On Thu, 14 Sep 2000, Hilmar Lapp wrote:

> As those subscribed to the guts list will have noticed, I changed the
> inheritance of Bio::SeqFeature::FeaturePair and
> Bio::Tools::HMMER::Domain.
> 
> The first one now inherits directly off Bio::SeqFeature::Generic instead
> of re-implementing SeqFeatureI in an incomplete way. The second now
> inherits directly off FeaturePair (because of the first change, it
> doesn't have to inherit off SeqFeature::Generic any longer).
> 
> Changed on both the main trunk and the branch. Tests run ok.


Just a warning Hilmar --- I feel this is somewhat of too big a change for
the branch. I realise that from your view that this could should "work ok"
and "passes tests" but over at Ensembl changes that "works ok" have broken
things --- meaning that I have a 2 day bug hunt to figure out what has
broken and why. This is very annoying for me. heikki's translate change
ended up breaking something *very* subtle in Ensembl, not obviously to do
with translate...


I don't want to have to maintain a separate "ensembl only" branch from
bioperl, but to be confident of this I need to know that branches are
going to maintain stability.

(I realise this is probably due to the fact that we branched 0.6 with too
many bugs first off, and ultimately this is my fault. Just be nice to
me...)


For better or worse we should try to keep changes on the branch to being
*just bug fixes*. I don't think this qualifies as a bug fix. 

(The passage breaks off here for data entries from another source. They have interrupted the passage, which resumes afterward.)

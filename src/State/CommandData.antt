-- ===== src/State/CommandData.antt =====
-- `ENetAcknowledgement`, `ENetOutgoingCommand`, `ENetIncomingCommand` and `ENetChannel`.
use enet.Base.{ℕ, Bool, List, Option}
use enet.Wire.{Protocol}

-- `ENetAcknowledgement`
pub record Acknowledgement : Type 0 where
  pub sent_time : ℕ
  pub command : Protocol

-- `ENetOutgoingCommand`
pub record OutgoingCommand : Type 0 where
  pub reliable_sequence_number : ℕ
  pub unreliable_sequence_number : ℕ
  pub sent_time : ℕ
  pub round_trip_timeout : ℕ
  pub queue_time : ℕ
  pub fragment_offset : ℕ
  pub fragment_length : ℕ
  pub send_attempts : ℕ
  pub command : Protocol
  pub packet : Option ℕ

-- `ENetIncomingCommand`. `block` tells the structures apart, as their addresses do; `fragments` is
-- the bit set of the fragments that have arrived, a Bool for each (`none` is NULL).
pub record IncomingCommand : Type 0 where
  pub block : ℕ
  pub reliable_sequence_number : ℕ
  pub unreliable_sequence_number : ℕ
  pub command : Protocol
  pub fragment_count : ℕ
  pub fragments_remaining : ℕ
  pub fragments : Option (List Bool)
  pub packet : Option ℕ

-- `ENetChannel`; `used_reliable_windows` is the bit set, a Bool for each of the 16 windows.
pub record Channel : Type 0 where
  pub outgoing_reliable_sequence_number : ℕ
  pub outgoing_unreliable_sequence_number : ℕ
  pub used_reliable_windows : List Bool
  pub reliable_windows : List ℕ
  pub incoming_reliable_sequence_number : ℕ
  pub incoming_unreliable_sequence_number : ℕ
  pub incoming_reliable_commands : List IncomingCommand
  pub incoming_unreliable_commands : List IncomingCommand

This is, of course, fine for the main trunk, which is where all of this
should happen... 


 > 
> There are several issues:
> 1) When inheriting off an interface and a class implementing that
> interface, because of the poor support of Perl for OO-concepts calling an
> interface method results in an _abstract_death (or whatever the interface
> implementation does), because you can't really have abstract methods in
> Perl (the Perl compiler finds 'inherited' methods by first encounter: if
> that one actually is meant abstract by you, Perl won't know). Changing
> the order of inheritance solves this problem, but then why inherit off
> the interface at all?

if you do inherit off the implementation that has the interface, then I
guess additional interface inheritance is not needed. I don't think it
does much harm...


> 2) Implementing methods an interface requires with zero functionality is
> a bad idea: a caller or test-script won't notice immediately that he
> called something that is not supported by the module, but instead may
> experience subtle failures later on. So, if your module doesn't support a
> particular method the interface you're implementing requires, either
> don't supply them at all (usually the interface will catch calls by
> throwing an exception), or provide an implementation that throws an
> exception with an appropriate message. DO NOT implement that methods by
> just returning undef, zero, etc.
> 

There are times when I think returing zero/undef etc is sensible. It means
that this implementation is somewhat "crippled" but if zero/undef is a
*valid* thing to return then it is ok for an implementation to return it.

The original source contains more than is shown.